Mirrored digit classification (Added 2nd rendition of MATLAB to fix typos [not in the code itself -- in the comments] because I made this program at 3 A.M, and I like grammar.)
Author: Eva Panin, Northeastern University
% REQUIRES DEEP LEARNING TOOLBOX
% The handwritten digits images from MATLAB Deep Lerning (DL) toolbox are utilized.
% These images were originally cropped and centered, reducing the solution space.
% The calssification (identification) of images can be done with a relatively simple network, as demonstrated in MATLAB DL tool examples.
% The program shows that there is tremendeous bias in data with respect to mirrored writting.
% The bias is demonstrated through the simulation of mirrored images, images flipped in left-right direction.
% The program shows that mirrored digits 3 and 5 cannot be identified by the network, trained on the original images. Bias can be removed by data augmentation, which should include image reflection. Otherwise, regular Affine transformation of original images for network training will improve indentification of mirrored digits besides the mirrored 5.

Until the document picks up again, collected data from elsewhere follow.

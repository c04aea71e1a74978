-- ===== src/Bindings/Array/Holding.antt =====
-- Acquire and release of a mutex of an array of src/bindings/py_array.c: how often it is held.
use posixipc.Prelude.{
  ℕ, suc, ◌≡◌, ◌≢◌, refl, ap, ◌∙◌, arith, Bool, true, false, not, Option, none, some, ◌==◌, ◌!=◌,
  if◌then◌else◌,
}
use posixipc.Codes.{success, ebusy, eownerdead}
use posixipc.Os.{Os, Trace, Ret, Timespec, status_of}
use posixipc.Calls.{Reply}
use posixipc.Time.{Seconds, Deadline, deadline_from_seconds}
use posixipc.Mutex.{mutex_lock, mutex_trylock, mutex_unlock, mutex_consistent, mutex_lock_until}
use posixipc.Mutex
use posixipc.Bindings.Errors.{Raised, returned, posixipc_err}
use posixipc.Bindings.Run.{After, Triple, Triple-bind, Triple-if, give, plain, ◌>>=◌}
use posixipc.Bindings.Acquire.{Opts}
use posixipc.Bindings.Wait.{lift, mutex_clock, blocking_wait}
use posixipc.Bindings.Wait.Counting.{Misses, counting_wait-Triple}
use posixipc.Bindings.Exchange.{at_once}
use posixipc.Bindings.Lock.{refused}
use posixipc.Bindings.Array.{
  ArrayObject, State, on_lock, give_back, taken, after_callback, owner_died, array_after_lock,
  array_lock_until_cb, wait_until, deadline_set, wait_for, try_first, with_index, lock_at,
  index_checked, array_lock_index, unlocked, release_checked, array_release_index,
}
use posixipc.Bindings.Array.Laws.{
  gains, held, holds_at, At, Tried, Acquired, Released, Honest, lock-Gains, trylock-Gains,
  until-Gains, unlock-held, consistent-held, refused-Acquired,
}

gains-Misses :
    (os : Os)
    → ((tr : Trace) (clk : ℕ) → status_of (os.clock_gettime tr clk) ≢ eownerdead)
    → Misses os gains
gains-Misses os clocks = record {
  timeout = λ k. refl;
  signal = λ k. refl;
  clock = λ tr clk e k same.
      let failed : status_of (os.clock_gettime tr clk) ≡ suc e =
        ap (λ (r : Ret Timespec). status_of r) same in
      let ne = clocks tr clk in ground arith;
}

module _ {os : Os} {reply : ArrayObject → Reply Mutex.Call} (have_clocklock : Bool)
    {on_owner_died : Option (State → Bool × State)} {signals : State → Bool × State} (item : Bool)
    (honest : Honest os reply on_owner_died signals) (p k : ℕ) where
  -- held once more
  abbrev Held : State → Type 0
  Held (a, tr) = holds_at p a ≡ suc k

  give_back-Acquired :
      (e : Option Raised)
      → Triple Held
          (give_back os reply have_clocklock on_owner_died signals item (some p) e)
          (Acquired p k)
  unfolding mutex_unlock
  give_back-Acquired e (a, tr) h =
      let given = unlock-held p (reply a) a.mutexes in
      let fine = honest.unlocks a p (omega arith) in ground arith

  after_callback-Acquired :
      (b : Bool)
      → Triple Held
          (after_callback os reply have_clocklock on_owner_died signals item (some p) b)
          (Acquired p k)
  unfolding after_callback
  after_callback-Acquired false s h = give_back-Acquired (some Raised.pending) s h
  after_callback-Acquired true (a, tr) h =
      let r = mutex_consistent (reply a) (some p) a.mutexes in
      Triple-if {P = Held} (Acquired p k) (r.0 != success)
        (give_back os reply have_clocklock on_owner_died signals item (some p) (posixipc_err r.0))
        (taken os reply have_clocklock on_owner_died signals item)
        (λ e. give_back-Acquired (posixipc_err r.0)) (λ e (a', tr') h'. h')
        (record a { mutexes = r.1 }, tr) (consistent-held p (reply a) a.mutexes ∙ h)

  owner_died-Acquired :
      (f : Option (State → Bool × State))
      → on_owner_died ≡ f
      → Triple Held
          (owner_died os reply have_clocklock on_owner_died signals item (some p) f)
          (Acquired p k)
  unfolding owner_died
  owner_died-Acquired none e s h = give_back-Acquired (some Raised.type_error) s h
  owner_died-Acquired (some f) e s h =
      after_callback-Acquired (f s).0 (f s).1 (ap (held p) (honest.callback f s e) ∙ h)

  after_lock-Acquired :
      (rc : ℕ)
      → Triple
          (Tried p k rc)
          (array_after_lock os reply have_clocklock on_owner_died signals item (some p) rc)
          (Acquired p k)
  unfolding array_after_lock
  after_lock-Acquired rc =
      Triple-if {P = Tried p k rc} (Acquired p k) (rc == success)
        (taken os reply have_clocklock on_owner_died signals item) _ (λ e (a, tr) h. ground arith)
        (λ ne.
          Triple-if {P = Tried p k rc} (Acquired p k) (rc == eownerdead)
            (owner_died os reply have_clocklock on_owner_died signals item (some p) on_owner_died)
            (give (refused rc)) (λ e s h. owner_died-Acquired on_owner_died refl s (ground arith))
            (λ e s h. refused-Acquired p k rc s (ground arith)))

  until-Tried :
      (d : Deadline) (s : State)
      → At p k s
      → let (rc, s') =
          array_lock_until_cb os reply have_clocklock on_owner_died signals item (some p) d s in
        Tried p k rc s'
  unfolding array_lock_until_cb
  until-Tried d (a, tr) h =
      let r = mutex_lock_until (reply a) have_clocklock (some p) (some d) a.mutexes in
      until-Gains p (reply a) a.mutexes have_clocklock d ∙ ap (gains r.0) h

  wait_until-Acquired :
      (fuel : ℕ) (interruptible : Bool) (user : Option Deadline)
      → Triple
          (At p k)
          (wait_until os reply have_clocklock on_owner_died signals item fuel
            (some p)
            interruptible
            user)
          (Acquired p k)
  unfolding wait_until
  wait_until-Acquired fuel interruptible user =
      let cb = array_lock_until_cb os reply have_clocklock on_owner_died signals item (some p) in
      let clk = mutex_clock have_clocklock in
      Triple-bind {Q = Tried p k} (Acquired p k)
        (array_after_lock os reply have_clocklock on_owner_died signals item (some p))
        after_lock-Acquired (blocking_wait os signals cb fuel user interruptible clk)
        (counting_wait-Triple (holds_at p) (gains-Misses os honest.clocks) signals
          (λ s. ap (held p) (honest.handlers s)) cb k until-Tried fuel user interruptible clk)

  deadline_set-Acquired :
      (fuel : ℕ) (interruptible : Bool) (r : (ℕ × Option Deadline) × State)
      → At p k r.1
      → After (Acquired p k) (
          deadline_set os reply have_clocklock on_owner_died signals item fuel
            (some p)
            interruptible
            r.0
            r.1)
  unfolding deadline_set
  deadline_set-Acquired fuel interruptible ((rc, none), s) h = h
  deadline_set-Acquired fuel interruptible ((rc, some user), s) h =
      wait_until-Acquired fuel interruptible (some user) s h

  wait_for-Acquired :
      (fuel : ℕ) (interruptible : Bool) (timeout : Option Seconds)
      → Triple
          (At p k)
          (wait_for os reply have_clocklock on_owner_died signals item fuel
            (some p)
            interruptible
            timeout)
          (Acquired p k)
  unfolding wait_for
  wait_for-Acquired fuel interruptible (some t) (a, tr) h =
      deadline_set-Acquired fuel interruptible
        (lift (deadline_from_seconds os (mutex_clock have_clocklock) t true) (a, tr)) h
  wait_for-Acquired fuel interruptible none s h =
      let take =
        plain (on_lock os reply have_clocklock on_owner_died signals item (some p) mutex_lock) in
      Triple-if {P = At p k} (Acquired p k) (not interruptible)
        (take >>= array_after_lock os reply have_clocklock on_owner_died signals item (some p))
        (wait_until os reply have_clocklock on_owner_died signals item fuel (some p) interruptible
          none)
        (λ e (a, tr) h'.
          after_lock-Acquired (mutex_lock (reply a) (some p) a.mutexes).0
            (record a { mutexes = (mutex_lock (reply a) (some p) a.mutexes).1 }, tr)
            (lock-Gains p (reply a) a.mutexes
              ∙ ap (gains (mutex_lock (reply a) (some p) a.mutexes).0) h'))
        (λ e. wait_until-Acquired fuel interruptible none) s h

  try_first-Acquired :
      (fuel : ℕ) (opts : Opts)
      → Triple
          (At p k)
          (try_first os reply have_clocklock on_owner_died signals item fuel (some p) opts)
          (Acquired p k)
  unfolding try_first
  try_first-Acquired fuel opts (a, tr) h =
      let tried =
        on_lock os reply have_clocklock on_owner_died signals item (some p) mutex_trylock (a, tr) in
      let wait =
        wait_for os reply have_clocklock on_owner_died signals item fuel (some p) opts.interruptible
          opts.timeout in
      Triple-if {P = Tried p k tried.0} (Acquired p k) (tried.0 != ebusy)
        (array_after_lock os reply have_clocklock on_owner_died signals item (some p) tried.0)
        (if at_once opts then give (returned false) else wait) (λ e. after_lock-Acquired tried.0)
        (λ e s h'.
          let at_k : At p k s = ground arith in
          Triple-if {P = At p k} (Acquired p k) (at_once opts) (give (returned false)) wait
            (λ e' s' h''. h'') (λ e'. wait_for-Acquired fuel opts.interruptible opts.timeout) s
            at_k)
        tried.1 (trylock-Gains p (reply a) a.mutexes ∙ ap (gains tried.0) h)

  with_index-Acquired :
      (fuel : ℕ) (opts : Opts) (lock : Option ℕ) (checked : Option Raised) (s : State)
      → lock ≡ some p
      → At p k s
      → After
          (Acquired p k)
          (with_index os reply have_clocklock on_owner_died signals item fuel lock opts checked s)
  unfolding with_index
  with_index-Acquired fuel opts lock (some e) s same h = h
  with_index-Acquired fuel opts lock none s same h = rw same (try_first-Acquired fuel opts s h)

  release_checked-Released :
      (lock : Option ℕ) (checked : Option Raised) (s : State)
      → lock ≡ some p
      → At p k s
      → Released p k
          (release_checked os reply have_clocklock on_owner_died signals item lock checked s)
  unfolding release_checked unlocked
  release_checked-Released lock (some e) s same h = h
  release_checked-Released lock none (a, tr) same h =
      let frees = unlock-held p (reply a) a.mutexes in rw same (ground arith)

-- An acquire of a mutex of an array, or of an item of it, that returns True holds the mutex once
-- more, and one that returns False or raises holds it as before, also where the owner has died; a
-- release that returns holds it once less, and one that raises as before. It is assumed that the
-- mutexes check their owner, that the callback of a dead owner and the signal handlers leave them
-- alone, and that no clock fails with EOWNERDEAD.
pub array_ops_lem :
    {os : Os} {reply : ArrayObject → Reply Mutex.Call} (have_clocklock : Bool)
    {on_owner_died : Option (State → Bool × State)} {signals : State → Bool × State} (item : Bool)
    → Honest os reply on_owner_died signals
    → (p fuel index : ℕ) (opts : Opts) (a : ArrayObject) (tr : Trace) → lock_at a index ≡ some p
    → After (Acquired p (holds_at p a)) (
        array_lock_index os reply have_clocklock on_owner_died signals item fuel index opts (a, tr))
      × Released p
          (holds_at p a)
          (array_release_index os reply have_clocklock on_owner_died signals item index (a, tr))
unfolding array_lock_index array_release_index
array_ops_lem have_clocklock item honest p fuel index opts a tr same = (
  with_index-Acquired have_clocklock item honest p (holds_at p a) fuel opts (lock_at a index)
      (index_checked a index) (a, tr) same refl,
  release_checked-Released have_clocklock item honest p (holds_at p a) (lock_at a index)
      (index_checked a index) (a, tr) same refl,
)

% The specific data augmentation can be useful in handwriting conversion into digital format. Since mirrored writing is typical in children and brain-damaged adults (Parkinson's disease, tremors, spino-cerebellular degredation), this program can be helpful in grading of tests, scanning documents, etc. Also, mirrored handwriting is an early sign of mental decline in eldery adults. Software analysis of their handwriting can be usful in prediction of aging outcomes.
% The program consists of three steps:
% First, it shows that a trained network can classify images from the original data, serving as test images, which were not present in the training set. I removed 100 images from the original data (the digit 3), since this is the most common mirrored image.
%Second, the test mirrored images were created from the original images by horizontal reflections. The nework was trained on full original data (non-mirrored images, all 500 images of 3 are included). Classification is shown for all mirrored digits from 0 to 9. The distribution of misclassification is graphed. Exmaples of the images and corresponding mis-labels are provided. The network cannot correctly classify mirror digits 3 and 5.
%The last network is trained again on the original data set and data augmentation by rotation and reflection. Classification is shown for all mirror digits from 0 to 9 for this newly trained network. MATLAB augmentation tool is used (reflect + flip images). Augmentation is performed during training, so the user does not need to create augmented images before training.